Evaluation of cardiovascular events
Significant adverse cardiovascular events (MACE) were evaluated by a group of external independent experts and defined as non-fatal myocardial infarction, non-fatal stroke and death due to cardiovascular pathology. In all long-term clinical trials using Saxend®, 6 MACE were observed in patients receiving Saxend® and 10 MACE in placebo-treated patients. The risk ratio and 95% CI when comparing Saxend® and placebo were 0.31 [0.10; 0.92]. In clinical trials of Phase 3, there was an increase in the heart rate (heart rate) by an average of 2.5 beats per minute (1.6 to 3.6 beats per minute in separate studies) in patients receiving Saxend®. The greatest increase in heart rate was observed after 6 weeks of therapy. This increase was reversible and disappeared after discontinuation of therapy with liraglutide.
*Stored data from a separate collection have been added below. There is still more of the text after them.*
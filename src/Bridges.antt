-- ===== src/Bridges.antt =====
-- The bridges between brokers, commlib/bridges.py, and the aggregation of topics, commlib/aggregation.py.
pub mod Bridge
pub mod Topics
pub mod Processors
pub mod Tests
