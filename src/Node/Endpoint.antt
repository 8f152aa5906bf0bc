-- ===== src/Node/Endpoint.antt =====
-- commlib/endpoints.py: BaseEndpoint, with the transport that a subclass has set, so that the
-- RuntimeError of `run` and `stop` for a missing one does not arise.
-- Subscribers and RPC services, which are `threaded`, override `run` by a thread of their own with a
-- second guard. An action service or client, which runs several endpoints, counts as one.
-- `comes_up` is whether the transport that is started is connected in the end.
use commlib_py.Prelude.{ℕ, Bool, true, false, not, ◌&&◌, if◌then◌else◌}

pub data EndpointState : Type 0 where
  disconnected connected connecting disconnecting : EndpointState

pub record Endpoint : Type 0 where
  pub id : ℕ
  pub state : EndpointState
  pub threaded : Bool
  -- Its class overrides `stop` without a call of the base class: Subscriber of AMQP and of Kafka
  pub own_stop : Bool
  -- `_transport.is_connected`
  pub is_connected : Bool

-- BaseEndpoint.__init__, for a class with the `stop` of BaseEndpoint
unfoldable pub new_endpoint : Bool → ℕ → Endpoint
new_endpoint threaded id = record {
  id = id;
  state = disconnected;
  threaded = threaded;
  own_stop = false;
  is_connected = false;
}

unfoldable pub set_state : EndpointState → Endpoint → Endpoint
set_state state e = record e { state = state }

-- `self._state in (EndpointState.CONNECTED, EndpointState.CONNECTING)`
unfoldable pub is_busy : EndpointState → Bool
is_busy connected = true
is_busy connecting = true
is_busy disconnected = false
is_busy disconnecting = false

-- run: what the wait for the connection returns is not looked at.
unfoldable pub run_endpoint : Bool → Endpoint → Endpoint
unfolding set_state is_busy
run_endpoint comes_up e =
    if not e.is_connected && not (e.threaded && is_busy e.state)
    then set_state connected (record e { is_connected = comes_up })
    else e

-- BaseEndpoint.stop; a `stop` of its own closes its queue or its consumer, and leaves the transport and the state
-- as they are.
unfoldable pub stop_endpoint : Endpoint → Endpoint
unfolding set_state
stop_endpoint e =
    if e.own_stop
    then e
    else if e.is_connected
    then set_state disconnected (record e { is_connected = false })
    else e
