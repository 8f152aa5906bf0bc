-- ===== src/Bridges/Bridge.antt =====
-- commlib/bridges.py: Bridge, TopicBridge and PTopicBridge.
-- A broker's parameters are known by the name of their Python type. The bridge's endpoints are those of
-- commlib/endpoints.py; `comes_up` says of each whether it connects once it is run.
use commlib_py.Prelude.{ℕ, Bool, ◌&&◌, ◌||◌, Option, none, some, List, [], ◌∷◌, ◌++◌, if◌then◌else◌}
use commlib_py.Topic.Text.{Text, codes, starts_with, replace}
use commlib_py.Node.Endpoint.{Endpoint, run_endpoint, stop_endpoint}

-- RPCBridgeType and TopicBridgeType, whose numbers are the same
pub data BridgeType : Type 0 where
  redis_to_amqp amqp_to_redis amqp_to_amqp redis_to_redis mqtt_to_redis : BridgeType
  mqtt_to_amqp mqtt_to_mqtt redis_to_mqtt amqp_to_mqtt : BridgeType

-- `part in s`
unfoldable pub contains : Text → Text → Bool
unfolding starts_with
contains part [] = starts_with part []
contains part (c ∷ s) = starts_with part (c ∷ s) || contains part s

-- The tests of Bridge.__init__, in order; where none holds, `from_transport` is unbound and the
-- constructor raises.
unfoldable pub bridge_type : Text → Text → Option BridgeType
unfolding contains
bridge_type a b =
    if contains (codes "redis") a && contains (codes "amqp") b
    then some redis_to_amqp
    else if contains (codes "amqp") a && contains (codes "redis") b
    then some amqp_to_redis
    else if contains (codes "amqp") a && contains (codes "amqp") b
    then some amqp_to_amqp
    else if contains (codes "redis") a && contains (codes "redis") b
    then some redis_to_redis
    else if contains (codes "mqtt") a && contains (codes "redis") b
    then some mqtt_to_redis
    else if contains (codes "mqtt") a && contains (codes "amqp") b
    then some mqtt_to_amqp
    else if contains (codes "mqtt") a && contains (codes "mqtt") b
    then some mqtt_to_mqtt
    else if contains (codes "redis") a && contains (codes "mqtt") b
    then some redis_to_mqtt
    else if contains (codes "amqp") a && contains (codes "mqtt") b
    then some amqp_to_mqtt
    else none

-- _transform_uri
unfoldable pub transform_uri : BridgeType → Text → Text
unfolding replace
transform_uri redis_to_amqp uri = replace (codes "/") (codes ".") uri
transform_uri mqtt_to_amqp uri = replace (codes "/") (codes ".") uri
transform_uri redis_to_mqtt uri = replace (codes ".") (codes "/") uri
transform_uri amqp_to_mqtt uri = replace (codes ".") (codes "/") uri
transform_uri amqp_to_redis uri = uri
transform_uri amqp_to_amqp uri = uri
transform_uri redis_to_redis uri = uri
transform_uri mqtt_to_redis uri = uri
transform_uri mqtt_to_mqtt uri = uri

pub record Bridge : Type 0 where
  pub btype : BridgeType
  pub to_uri : Text
  pub auto_transform_uris : Bool
  -- of a PTopicBridge, [] for `None`
  pub uri_transform : List (Text × Text)

-- Bridge.__init__ and `self._uri_transform = ...` of PTopicBridge.__init__, from the names of the two
-- parameter types
unfoldable pub new_bridge : Text → Text → Text → Bool → List (Text × Text) → Option Bridge
unfolding bridge_type transform_uri
new_bridge from_type to_type to_uri auto uri_transform = elim (bridge_type from_type to_type) [
  | none ↦ none
  | some t ↦ some (record {
    btype = t;
    to_uri = if auto then transform_uri t to_uri else to_uri;
    auto_transform_uris = auto;
    uri_transform = uri_transform;
  })
]

-- `for tr in self._uri_transform: ...`
unfoldable pub replace_all : List (Text × Text) → Text → Text
unfolding replace
replace_all [] topic = topic
replace_all ((old, new) ∷ more) topic = replace_all more (replace old new topic)

-- `f"{self._to_uri}.{topic}"`, if there is a prefix
unfoldable pub prefixed : Text → Text → Text
prefixed [] topic = topic
prefixed (c ∷ prefix) topic = (c ∷ prefix) ++ (codes "." ++ topic)

-- PTopicBridge.on_message: the topic that it publishes on
unfoldable pub to_topic : Bridge → Text → Text
unfolding prefixed transform_uri replace_all
to_topic b topic =
    let t = prefixed b.to_uri topic in
    replace_all b.uri_transform (if b.auto_transform_uris then transform_uri b.btype t else t)

-- MQTTTransport.publish: the topic that it gives to the client
unfoldable pub mqtt_topic : Text → Text
unfolding replace
mqtt_topic topic = replace (codes ".") (codes "/") topic

-- The two endpoints of a bridge.
pub record Ends : Type 0 where
  pub receiver : Endpoint
  pub sender : Endpoint

module _ (comes_up : ℕ → Bool) where
  -- RPCBridge.run and TopicBridge.run
  unfoldable pub run_bridge : Ends → Ends
  run_bridge e = record {
    receiver = run_endpoint (comes_up e.receiver.id) e.receiver;
    sender = run_endpoint (comes_up e.sender.id) e.sender;
  }

  -- PTopicBridge.run
  unfoldable pub run_ptopic_bridge : Ends → Ends
  run_ptopic_bridge e = record e { receiver = run_endpoint (comes_up e.receiver.id) e.receiver }

-- stop, of all of them
unfoldable pub stop_bridge : Ends → Ends
stop_bridge e = record { receiver = stop_endpoint e.receiver; sender = stop_endpoint e.sender }
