-- ===== src/Bridges/Processors.antt =====
-- commlib/aggregation.py: the chains of processors of TopicMessageProcessor and TopicAggregator.
-- A value is what a processor takes and returns, `is_dict` its test, and `accepted` whether the publisher
-- takes it; if not, `publish` raises what `on_msg_internal` catches, as for an invalid output topic.
use commlib_py.Prelude.{
  ℕ, ◌≡◌, refl, Bool, true, false, ◌&&◌, none, some, List, [], ◌∷◌, ◌++◌, All, arith, if◌then◌else◌,
}
use commlib_py.Prelude.Dict.{Dict, get}

-- How a processor ends: with a value, with a ValueError, TypeError or KeyError, or with another exception.
pub data Processed (Value : Type 0) : Type 0 where
  returns : Value → Processed Value
  raises raises_uncaught : Processed Value

-- What was published, and whether the call returned.
pub record Sent (Value : Type 0) : Type 0 where
  pub published : List Value
  pub returned : Bool

module _ {Value : Type 0} where
  unfoldable pub add : Value → Sent Value → Sent Value
  add v r = record r { published = v ∷ r.published }

  module _ (is_dict accepted : Value → Bool) where
    -- on_msg_internal, of both classes
    unfoldable pub on_msg_internal : List (Value → Processed Value) → Value → Sent Value
    unfolding add
    on_msg_internal [] payload = record { published = []; returned = true }
    on_msg_internal (proc ∷ more) payload = elim (proc payload) [
      | raises_uncaught ↦ record { published = []; returned = false }
      | raises ↦ on_msg_internal more payload
      | returns v ↦
          let after = on_msg_internal more v in
          if is_dict v && accepted v then add v after else after
    ]

    -- TopicAggregator.create_subscriptions: what a message of this topic meets
    unfoldable pub on_topic : Dict (List (Value → Processed Value)) → ℕ → Value → Sent Value
    unfolding on_msg_internal
    on_topic data_processors topic payload = elim (get topic data_processors) [
      | none ↦ on_msg_internal [] payload
      | some ps ↦ on_msg_internal ps payload
    ]

  -- The payload that a chain passes on: what the last processor that returned has returned.
  abbrev pub passed_on : List (Value → Processed Value) → Value → Value
  passed_on [] payload = payload
  passed_on (proc ∷ more) payload = elim (proc payload) [
    | raises_uncaught ↦ payload
    | raises ↦ passed_on more payload
    | returns v ↦ passed_on more v
  ]

  module _ (is_dict accepted : Value → Bool) where
    -- A chain of processors in two parts: if the first part does not raise what is not caught, the second
    -- part goes on from the payload that the first part passed on, and otherwise it is not run.
    pub on_msg_internal-append :
        (ps qs : List (Value → Processed Value)) (payload : Value)
        → let first = on_msg_internal is_dict accepted ps payload in
          let second = on_msg_internal is_dict accepted qs (passed_on ps payload) in
          on_msg_internal is_dict accepted (ps ++ qs) payload ≡ (
            if first.returned
            then record {
              published = first.published ++ second.published;
              returned = second.returned;
            }
            else first)
    unfolding on_msg_internal add
    on_msg_internal-append [] qs payload = refl
    on_msg_internal-append (p ∷ ps) qs payload =
        grind (
          arith,
          on_msg_internal-append ps qs payload,
          λ (v : Value). on_msg_internal-append ps qs v,
        )

    only_raising :
        (more : List (Value → Processed Value)) (v : Value)
        → All (λ q. q v ≡ raises) more
        → on_msg_internal is_dict accepted more v ≡ record { published = []; returned = true }
    unfolding on_msg_internal
    only_raising [] v r = refl
    only_raising (q ∷ more) v (h, r) = rw h (only_raising more v r)

    -- A processor that returns no dict is not left out as one that raises is: what it returned is the
    -- payload of the processors after it. If they raise on it, nothing of the message is published,
    -- whatever they make of its own payload.
    pub on_msg_internal_rejected :
        (p : Value → Processed Value) (more : List (Value → Processed Value)) (payload v : Value)
        → p payload ≡ returns v
        → is_dict v ≡ false
        → All (λ q. q v ≡ raises) more
        → (on_msg_internal is_dict accepted (p ∷ more) payload
            ≡ record { published = []; returned = true })
          × (on_msg_internal is_dict accepted ((λ x. raises) ∷ more) payload
              ≡ on_msg_internal is_dict accepted more payload)
    unfolding on_msg_internal add
    on_msg_internal_rejected p more payload v e d r = (ground (arith, only_raising more v r), refl)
Patient evaluation results
The Saxenda® preparation, in comparison with placebo, improved patient-defined estimates for individual indicators. There was a significant improvement in the overall assessment of the Simplified Questionnaire of the Effect of Body Weight on Quality of Life (IWQoL-Lite) and on all scales of the questionnaire for assessing the quality of life SF-36, which indicates a positive effect on the physical and psychological components of the quality of life.
Preclinical data Pon security
Preclinical data based on pharmacological safety studies, repeated dose toxicity and genotoxicity did not reveal any hazard to humans.
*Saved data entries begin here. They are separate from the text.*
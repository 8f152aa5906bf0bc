-- ===== src/Topic/Validate.antt =====
-- commlib/pubsub.py: the validation of topics by the publisher's and the subscriber's constructor.
use commlib_py.Prelude.{
  ℕ, ◌≡◌, refl, Bool, true, false, not, ◌&&◌, ◌||◌, Option, none, some, List, [], ◌∷◌, ◌==◌, leb,
  if◌then◌else◌,
}
use commlib_py.Topic.Text.{Text, codes, text_eq}

-- The class of TOPIC_REGEX.
unfoldable pub is_topic_char : ℕ → Bool
is_topic_char c =
    (leb b'a' c && leb c b'z')
    || (leb b'A' c && leb c b'Z')
    || (leb b'0' c && leb c b'9')
    || c == b'/'
    || c == b'.'
    || c == b'-'
    || c == b'_'

-- The class of TOPIC_PATTERN_REGEX.
unfoldable pub is_pattern_char : ℕ → Bool
unfolding is_topic_char
is_pattern_char c = is_topic_char c || c == b'*'

-- `re.match` of `^[class]+$`: without re.MULTILINE the `$` also matches before a final newline.
unfoldable pub match_rest : (ℕ → Bool) → Text → Bool
match_rest class [] = true
match_rest class (c ∷ []) = class c || c == 10
match_rest class (c ∷ d ∷ s) = class c && match_rest class (d ∷ s)

unfoldable pub re_match : (ℕ → Bool) → Text → Bool
re_match class [] = false
re_match class (c ∷ s) = class c && match_rest class s

-- topic in (...)
unfoldable pub is_one_of : Text → List Text → Bool
unfolding text_eq
is_one_of t [] = false
is_one_of t (u ∷ us) = text_eq t u || is_one_of t us

pub data Validation : Type 0 where
  valid : Validation
  invalid_topic : Text → Validation

unfoldable pub validate_pubsub_topic : Option Text → Validation
validate_pubsub_topic none = valid
validate_pubsub_topic (some topic) =
    if is_one_of topic (codes "." ∷ codes "*" ∷ codes "-" ∷ codes "_" ∷ codes "" ∷ codes " " ∷ [])
      || not (re_match is_pattern_char topic)
    then invalid_topic topic
    else valid

unfoldable pub validate_pubsub_topic_strict : Option Text → Validation
validate_pubsub_topic_strict none = valid
validate_pubsub_topic_strict (some topic) =
    if is_one_of topic (codes "." ∷ codes "-" ∷ codes "_" ∷ codes "" ∷ codes " " ∷ [])
      || not (re_match is_topic_char topic)
    then invalid_topic topic
    else valid

test_strict : validate_pubsub_topic_strict (some (codes "a.*")) ≡ invalid_topic (codes "a.*")
unfolding validate_pubsub_topic_strict is_one_of re_match match_rest is_topic_char
test_strict = refl

test_pattern : validate_pubsub_topic (some (codes "a.*")) ≡ valid
unfolding validate_pubsub_topic is_one_of re_match match_rest is_pattern_char
test_pattern = refl
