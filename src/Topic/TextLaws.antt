-- ===== src/Topic/TextLaws.antt =====
-- Laws of the text methods: `replace` of one code point is a map, and what `ends_with` finds.
use commlib_py.Prelude.{ℕ, zero, ◌≡◌, refl, false, [], ◌∷◌, map, arith, ◌==◌, if◌then◌else◌}
use commlib_py.Topic.Text.{Text, replace_from, replace}

-- One code point for another.
abbrev pub swap : ℕ → ℕ → ℕ → ℕ
swap a b c = if a == c then b else c

replace_from-single :
    (a b : ℕ) (s : Text) → replace_from (a ∷ []) (b ∷ []) zero s ≡ map (swap a b) s
unfolding replace_from
replace_from-single a b [] = refl
replace_from-single a b (c ∷ s) = ground (arith, replace_from-single a b s)

pub replace-single : (a b : ℕ) (s : Text) → replace (a ∷ []) (b ∷ []) s ≡ map (swap a b) s
unfolding replace
replace-single a b s = replace_from-single a b s

-- Replacing `p a` by `p b` first makes no difference to replacing `a` by `b`.
pub map-replace_from :
    (p a b : ℕ) (s : Text)
    → (p == a) ≡ false
    → (a == b) ≡ false
    → map (swap a b) (replace_from (p ∷ a ∷ []) (p ∷ b ∷ []) zero s) ≡ map (swap a b) s
unfolding replace_from
map-replace_from p a b [] h g = refl
map-replace_from p a b (c ∷ []) h g = ground arith
map-replace_from p a b (c ∷ d ∷ s) h g =
    ground (arith, map-replace_from p a b s h g, map-replace_from p a b (d ∷ s) h g)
In a two-year study of carcinogenicity, rats and mice were diagnosed with tumor C-cells of the thyroid gland, which did not lead to death. Non-toxic dose (NOAEL) in rats it is not established. Monkeys who received therapy for 20 months, the development of these tumors was not observed. The results obtained from rodent studies are due to the fact that rodents show special sensitivity to the receptor-mediated GLP-1 non-genotoxic specific mechanism.The significance of the data obtained for a person is low, but can not be completely ruled out. The appearance of other neoplasms associated with the therapy was not noted.
In animal studies, there was no direct adverse effect of the drug on fertility, but there was a slight increase in the frequency of early embryonic death with the highest doses of the drug. The introduction of liraglutide in the middle of the gestational period caused a decrease in the mother's body weight and fetal growth with an unexplained effect on the ribs in rats, and in rabbits - abnormalities in the structure of the skeleton. The growth of newborns was reduced in rats during therapy with liraglutide, and this decrease persisted after the end of breastfeeding in the group receiving high doses of the drug. It is not known what caused such a decline in the growth of newborn rats - a decrease in caloric intake by maternal individuals or a direct effect of GLP-1 on fetuses / newborns.